Я не мог отказаться от этого образа жизни, как не мог запретить волосам расти. Я стал заложником изысканных удовольствий плоти, хотя церковь и обличала любое чувственное наслаждение как греховное. Королевского секретаря защищала от кривотолков близость к монаршей особе; в моем же случае появление злонамеренных слухов представлялось лишь вопросом времени. Я опасался, что меня арестуют и обвинят в безразличии к женскому полу и вожделении к мужскому. Я с ужасом воображал, как меня сожгут у столба или убьют в темном переулке по примеру печально известного поэта Альваро де Луны. Начало правления Филиппа II ознаменовалось публичными казнями содомитов. И хотя они случались нечасто, не проходило и года, чтобы какой-нибудь известный мужеложец не отправился на костер. Все эти несчастные были не отпрысками знатных фамилий, но людьми вроде меня. Конечно, женитьба мгновенно избавила бы меня от любых подозрений, но брак казался мне еще одним склепом. Предложение дона Луиса прозвучало как нельзя более кстати. Работа на вельможу с безупречной репутацией и проживание в его доме могли спасти мне жизнь.

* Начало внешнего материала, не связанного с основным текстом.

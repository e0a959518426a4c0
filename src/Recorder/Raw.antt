-- ===== src/Recorder/Raw.antt =====
-- What a frame written to the raw ring does to the frames in it.
pub mod Last
use native.Mathlib.Nat.{mod-add-mod, mod-eq_of_lt, mod-lt, mod_self, add-mod_right}
use cardiag.Base.{
  ==_iff, Bool-cases, List, [], ap, arith, drop, inl, inr, refl, suc, sym, u32, zero, ℕ, ◌%◌, ◌++◌,
  ◌+◌, ◌-◌, ◌<◌, ◌==◌, ◌^◌, ◌∙◌, ◌∷◌, ◌≡◌, ◌≢◌, ◌≤◌,
}
use cardiag.SpscRing.Queue.{fill, other, mod_other}
use cardiag.Recorder.{Rec, Recorder, raw_stored, raw_base, raw_at, raw_rows}

-- Where the head is, by the number of frames.
pub record IsValid (r : Recorder) : Type 0 where
  pub some_slot : 0 < r.raw_cap
  pub small : r.raw_cap < 2 ^ 32
  pub head : r.raw_head < r.raw_cap
  pub start : r.raw_total < r.raw_cap → r.raw_head ≡ r.raw_total
  pub wrapped : r.raw_total ≡ r.raw_cap → r.raw_head ≡ 0

abbrev pub written : Recorder → Rec → Recorder
written r x = record r {
  raw = fill r.raw r.raw_head x;
  raw_head = (r.raw_head + 1) % r.raw_cap;
  raw_total = u32 (r.raw_total + 1);
}

pub written-IsValid :
    (r : Recorder) (x : Rec) → r.raw_total + 1 < 2 ^ 32 → IsValid r → IsValid (written r x)
written-IsValid r x l v =
    let s = v.some_slot in
    let h = v.head in
    record {
      some_slot = v.some_slot;
      small = v.small;
      head = mod-lt (r.raw_head + 1) (omega arith);
      start = λ k.
          let e = v.start (omega arith) in
          let m : (r.raw_head + 1) % r.raw_cap ≡ r.raw_head + 1 = mod-eq_of_lt (omega arith) in
          omega arith;
      wrapped = λ k.
          let e = v.start (omega arith) in
          let n : r.raw_head + 1 ≡ r.raw_cap = omega arith in
          ap (λ x. x % r.raw_cap) n ∙ mod_self r.raw_cap;
    }

-- The frames that the ring holds, as the download reads them.
abbrev pub raw_contents : Recorder → List Rec
raw_contents r = raw_rows r 0 (raw_stored r)

raw_rows_last :
    (r : Recorder) (i n : ℕ) → raw_rows r i (suc n) ≡ raw_rows r i n ++ (raw_at r (i + n) ∷ [])
raw_rows_last r i zero = let e : i ≡ i + 0 = omega arith in ap (λ j. raw_at r j ∷ []) e
raw_rows_last r i (suc n) =
    let e : i + 1 + n ≡ i + suc n = omega arith in
    ap (◌∷◌ (raw_at r i))
      (raw_rows_last r (i + 1) n ∙ ap (λ j. raw_rows r (i + 1) n ++ (raw_at r j ∷ [])) e)

-- Rows that agree one by one.
raw_rows_same :
    (r s : Recorder) (d i n : ℕ)
    → ((j : ℕ) → j < i + n → raw_at r j ≡ raw_at s (j + d))
    → raw_rows r i n ≡ raw_rows s (i + d) n
raw_rows_same r s d i zero h = refl
raw_rows_same r s d i (suc n) h =
    let e : i + 1 + d ≡ i + d + 1 = omega arith in
    rw (h i (omega arith)) (
      ap (◌∷◌ (raw_at s (i + d)))
        (raw_rows_same r s d (i + 1) n (λ j l. h j (omega arith)) ∙ ap (λ k. raw_rows s k n) e))

with_last :
    (r : Recorder) (n : ℕ) (q : List Rec) (x : Rec)
    → raw_rows r 0 n ≡ q
    → raw_at r (0 + n) ≡ x
    → raw_rows r 0 (suc n) ≡ q ++ (x ∷ [])
with_last r n q x e h =
    raw_rows_last r 0 n ∙ ap (λ l. l ++ (raw_at r (0 + n) ∷ [])) e ∙ ap (λ y. q ++ (y ∷ [])) h

-- A frame written to a ring with a free slot comes after the others.
module _ (r : Recorder) (x : Rec) (v : IsValid r) (l : r.raw_total + 1 < 2 ^ 32) where
  at_head : (i : ℕ) → i % r.raw_cap ≡ r.raw_head → fill r.raw r.raw_head x (i % r.raw_cap) ≡ x
  at_head i e = let t = (==_iff (i % r.raw_cap) r.raw_head).1 e in rw t refl

  beside_head :
      (i : ℕ)
      → i % r.raw_cap ≢ r.raw_head
      → fill r.raw r.raw_head x (i % r.raw_cap) ≡ r.raw (i % r.raw_cap)
  beside_head i e = let t = other (i % r.raw_cap) r.raw_head e in rw t refl

  pub contents-written_free :
      r.raw_total < r.raw_cap → raw_contents (written r x) ≡ raw_contents r ++ (x ∷ [])
  unfolding raw_base
  contents-written_free f =
      let w = written r x in
      let t = r.raw_total in
      let stored_w : raw_stored w ≡ suc t = ground arith in
      let stored_r : raw_stored r ≡ t = ground arith in
      let base_w : raw_base w ≡ 0 = ground arith in
      let base_r : raw_base r ≡ 0 = ground arith in
      let head = v.start f in
      let same = λ (j : ℕ) (k : j < 0 + t).
        let m : (0 + j) % r.raw_cap ≡ 0 + j = mod-eq_of_lt (omega arith) in
        let z : j ≡ j + 0 = omega arith in
        ap (λ b. fill r.raw r.raw_head x ((b + j) % r.raw_cap)) base_w
        ∙ beside_head (0 + j) (λ e. absurd (omega arith))
        ∙ ap (λ b. r.raw ((b + j) % r.raw_cap)) (sym base_r)
        ∙ ap (raw_at r) z in
      let last_at : (0 + (0 + t)) % r.raw_cap ≡ 0 + (0 + t) = mod-eq_of_lt (omega arith) in
      let last =
        ap (λ b. fill r.raw r.raw_head x ((b + (0 + t)) % r.raw_cap)) base_w
        ∙ at_head (0 + (0 + t)) (omega arith) in
      ap (raw_rows w 0) stored_w
      ∙ with_last w t (raw_contents r) x
          (raw_rows_same w r 0 0 t same ∙ ap (raw_rows r 0) (sym stored_r)) last

  pub contents-written_full :
      r.raw_cap ≤ r.raw_total → raw_contents (written r x) ≡ drop 1 (raw_contents r) ++ (x ∷ [])
  unfolding raw_base
  contents-written_full f =
      let w = written r x in
      let c = r.raw_cap - 1 in
      let some = v.some_slot in
      let in_it = v.head in
      let cap : r.raw_cap ≡ suc c = omega arith in
      let stored_w : raw_stored w ≡ suc c = ground arith in
      let stored_r : raw_stored r ≡ suc c = ground arith in
      let base_w : raw_base w ≡ (r.raw_head + 1) % r.raw_cap = ground arith in
      let base_r : raw_base r ≡ r.raw_head = elim (Bool-cases (r.raw_total == r.raw_cap)) [
        | inl e ↦ let z = v.wrapped ((==_iff _ _).0 e) in ground arith
        | inr e ↦ ground arith
      ] in
      let head : r.raw_head % r.raw_cap ≡ r.raw_head = mod-eq_of_lt in_it in
      let same = λ (j : ℕ) (k : j < 0 + c).
        let m : ((r.raw_head + 1) % r.raw_cap + j) % r.raw_cap
            ≡ (r.raw_head + (j + 1)) % r.raw_cap =
          mod-add-mod (r.raw_head + 1) r.raw_cap j
          ∙ (let z : r.raw_head + 1 + j ≡ r.raw_head + (j + 1) = omega arith in
              ap (λ i. i % r.raw_cap) z) in
        let far = mod_other r.raw_head (j + 1) r.raw_cap (omega arith) (omega arith) in
        ap (λ b. fill r.raw r.raw_head x ((b + j) % r.raw_cap)) base_w
        ∙ ap (fill r.raw r.raw_head x) m
        ∙ beside_head (r.raw_head + (j + 1)) (λ e. far (head ∙ sym e))
        ∙ ap (λ b. r.raw ((b + (j + 1)) % r.raw_cap)) (sym base_r) in
      let round : ((r.raw_head + 1) % r.raw_cap + (0 + c)) % r.raw_cap ≡ r.raw_head =
        mod-add-mod (r.raw_head + 1) r.raw_cap (0 + c)
        ∙ (let z : r.raw_head + 1 + (0 + c) ≡ r.raw_head + r.raw_cap = omega arith in
            ap (λ i. i % r.raw_cap) z)
        ∙ add-mod_right r.raw_head r.raw_cap
        ∙ head in
      let last =
        ap (λ b. fill r.raw r.raw_head x ((b + (0 + c)) % r.raw_cap)) base_w
        ∙ at_head ((r.raw_head + 1) % r.raw_cap + (0 + c)) round in
      ap (raw_rows w 0) stored_w
      ∙ with_last w c (drop 1 (raw_contents r)) x
          (raw_rows_same w r 1 0 c same ∙ ap (λ n. drop 1 (raw_rows r 0 n)) (sym stored_r)) last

Я запер дом, в котором провел с матерью большую часть своей жизни. Мы не приобрели почти ничего ценного, так что я забрал несколько памятных вещиц, а остальное раздал на милостыню. Дон Луис предоставил мне печальные покои, в которых ранее обитала донья Мерседес. Я решительно снял мрачные полотна с изображениями страстей святых и распятия с окровавленным Спасителем и украсил стены яркими коврами, занавесями и гобеленами, которые позаимствовал из давно пустующих спален для гостей.
Дон Луис начал всерьез рассуждать о композиции романа. Он показывал мне наброски персонажей, описывал замысловатый сюжет и объяснял, как собирается его развивать. Однако шло время, а на бумаге так и не появилось ни строчки. Мы условились встречаться по утрам в библиотеке и вместе обедать; в остальное время я был предоставлен самому себе. Я не сразу привык к мысли, что живу в одном из прекраснейших особняков Мадрида. Впервые в жизни я обзавелся одеждой, сшитой по моим меркам, – одеждой, которая делала меня неотличимым от дворян. Я стал завсегдатаем лучших игорных заведений. Пожалуй, тогда я впервые был по-настоящему счастлив.